OUT-LAW News, 16/02/2006

ICANN, the body responsible for the internet’s domain naming system, has been asked to rethink agreements that will settle all pending litigation with VeriSign and hand over control of the .com top-level domain to the domain registry.

In an open letter to Vint Cerf, chairman of ICANN, eight top registrars, including Network Solutions, GoDaddy, Register.com and Melbourne IT, urged the organisation to make critical changes to the agreements, which have already been revised as a result of public comment.

"Unfortunately, the changes do not go to the heart of the matter," says the letter to ICANN's Board. "The agreement still harms the internet community by allowing unjustified price increases in most future years at a time when fees for .com should be decreasing, not rising."

The revised settlement and registry agreements, published by ICANN in January, allow VeriSign to increase the price of domain name registrations by up to 7% in four of the next six years.

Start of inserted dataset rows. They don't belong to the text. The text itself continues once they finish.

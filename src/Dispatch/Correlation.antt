-- ===== src/Dispatch/Correlation.antt =====
-- How `dispatch` of src/elke27_lib/dispatcher_loop.py matches a message with a pending request.
use elke.Base.{
  ℕ, ◌<◌, ◌≡◌, ◌≢◌, refl, ap, ◌∙◌, Bool, true, Option, none, some, List, [], String, arith,
  ne→==_false,
}
use elke.Base.Dict.{nat_key, lookup, lookup-erase, same_refl, same_ne}
use elke.Dispatch.Json.{pos, int, Members, get, has, as_int}
use elke.Dispatch.Route.{MessageKind, DispatchError, classify_kind, kind_of}
use elke.Dispatch.State.{PendingRequest, Dispatcher, match_pending}
use elke.Dispatch.Paged.{expire_paged_transfers}
use elke.Dispatch.Run.{response, unsolicited, DispatchContext, correlate, deliver, dispatch}

-- A message whose root `seq` is the positive number `n`.
pub record IsDirected (msg : Members) (n : ℕ) : Type 0 where
  pub has_seq : has "seq" msg ≡ true
  pub seq_value : get "seq" msg ≡ int (pos n)
  pub positive : 0 < n

classify_kind-IsDirected :
    (msg : Members) (n : ℕ)
    → IsDirected msg n
    → classify_kind msg ≡ (some n, MessageKind.directed, [])
unfolding classify_kind
classify_kind-IsDirected msg n h = rw h.has_seq (
    ap (λ j. kind_of j (as_int j)) h.seq_value
    ∙ rw (ne→==_false n 0 (λ e. absurd (omega (arith, h.positive)))) refl)

module _ (handle : ℕ → Members → DispatchContext → Option Bool) (preview : Members → String)
    (expire_now now : ℕ) where
  deliver-same :
      (d : Dispatcher) (msg : Members) (ctx : DispatchContext) (errors : List DispatchError)
      (requests : List ℕ) (m : Option Members)
      → ((deliver handle preview d msg ctx errors requests m).dispatcher ≡ d)
        × ((deliver handle preview d msg ctx errors requests m).result.context ≡ ctx)
  unfolding deliver
  deliver-same d msg ctx errors requests none = (refl, refl)
  deliver-same d msg ctx errors requests (some paged_msg) = (refl, refl)

  -- What `dispatch` keeps of the correlation.
  dispatch-correlate :
      (d : Dispatcher) (msg : Members) (n : ℕ)
      → IsDirected msg n
      → let found = correlate d MessageKind.directed (some n) in
        let done = dispatch handle preview expire_now now d msg in
        (done.dispatcher.pending ≡ found.0.pending)
        × (done.result.context.classification ≡ found.1)
        × (done.result.context.response_match ≡ found.2)
        × (done.result.context.seq ≡ some n)
  unfolding dispatch expire_paged_transfers
  dispatch-correlate d msg n h =
      let e = classify_kind-IsDirected msg n h in
      (
        ap (λ x. x.pending) (deliver-same _ _ _ _ _ _).0
            ∙ ap (λ k. (correlate d k.1 k.0).0.pending) e,
        ap (λ x. x.classification) (deliver-same _ _ _ _ _ _).1
            ∙ ap (λ k. (correlate d k.1 k.0).1) e,
        ap (λ x. x.response_match) (deliver-same _ _ _ _ _ _).1
            ∙ ap (λ k. (correlate d k.1 k.0).2) e,
        ap (λ x. x.seq) (deliver-same _ _ _ _ _ _).1 ∙ ap (λ k. k.0) e,
      )

-- A positive `seq` that is pending is a response: `dispatch` reports it with its request, whatever
-- else the message holds, takes that request out, and leaves every other pending request.
pub dispatch-response :
    (handle : ℕ → Members → DispatchContext → Option Bool) (preview : Members → String)
    (expire_now now : ℕ) (d : Dispatcher) (msg : Members) (n : ℕ) (p : PendingRequest)
    → IsDirected msg n
    → lookup n d.pending ≡ some p
    → let done = dispatch handle preview expire_now now d msg in
      (done.result.context.classification ≡ response)
      × (done.result.context.response_match ≡ some p)
      × (lookup n done.dispatcher.pending ≡ none)
      × ((j : ℕ) → j ≢ n → lookup j done.dispatcher.pending ≡ lookup j d.pending)
unfolding correlate match_pending
dispatch-response handle preview expire_now now d msg n p h found =
    let (pending, class, matched, _) = dispatch-correlate handle preview expire_now now d msg n h in
    let rest = λ (j : ℕ). ap (lookup j) pending ∙ lookup-erase j n d.pending in
    (
      class ∙ rw found refl,
      matched ∙ rw found refl,
      rest n ∙ rw (same_refl n) refl,
      λ j other. rest j ∙ rw (same_ne j n other) refl,
    )

-- The match is made once: a second message with the same positive `seq`, whatever its content, is
-- unsolicited, unless the request is added again in between.
pub dispatch-dispatch_unsolicited :
    (handle : ℕ → Members → DispatchContext → Option Bool) (preview : Members → String)
    (expire_now now later_expire later : ℕ) (d : Dispatcher) (msg again : Members) (n : ℕ)
    → IsDirected msg n
    → IsDirected again n
    → let first = dispatch handle preview expire_now now d msg in
      let second = dispatch handle preview later_expire later first.dispatcher again in
      (second.result.context.classification ≡ unsolicited)
      × (second.result.context.response_match ≡ none)
unfolding correlate match_pending
dispatch-dispatch_unsolicited handle preview expire_now now later_expire later d msg again n h h' =
    let first = dispatch handle preview expire_now now d msg in
    let (pending, _, _, _) = dispatch-correlate handle preview expire_now now d msg n h in
    let (_, class, matched, _) =
      dispatch-correlate handle preview later_expire later first.dispatcher again n h' in
    let gone : lookup n first.dispatcher.pending ≡ none =
      ap (lookup n) pending ∙ lookup-erase n n d.pending ∙ rw (same_refl n) refl in
    (class ∙ rw gone refl, matched ∙ rw gone refl)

VeriSign has also been given a presumptive right to renewal of the .com registry, on the proviso that it complies with clarifications on the use that it may make of traffic data, new service-level specifications for the .com registry, and revised powers of approval granted to ICANN in respect of possible new registry services.

According to the open letter, if these provisions are allowed to stand, then competition in the .com registry will be affected.

VeriSign should be forced to justify any price increases, or have them reviewed, while the renewal of the .com registry should be by means of a competitive rebid of the contract, say the registrars.

They are particularly concerned that VeriSign which, as the .com domain registry controls 85% of the US market, will be locked in as registry operator “without the counterbalance of a competitive bid process”.

“The guarantee of an unregulated monopoly runs counter to the reasons behind why ICANN was created the policies of the anti-trust laws of the United States, and the competition policies of many nations worldwide,” says the letter.

The new arrangements, which are open for public comment until 20th February, have yet to be approved by the ICANN Board.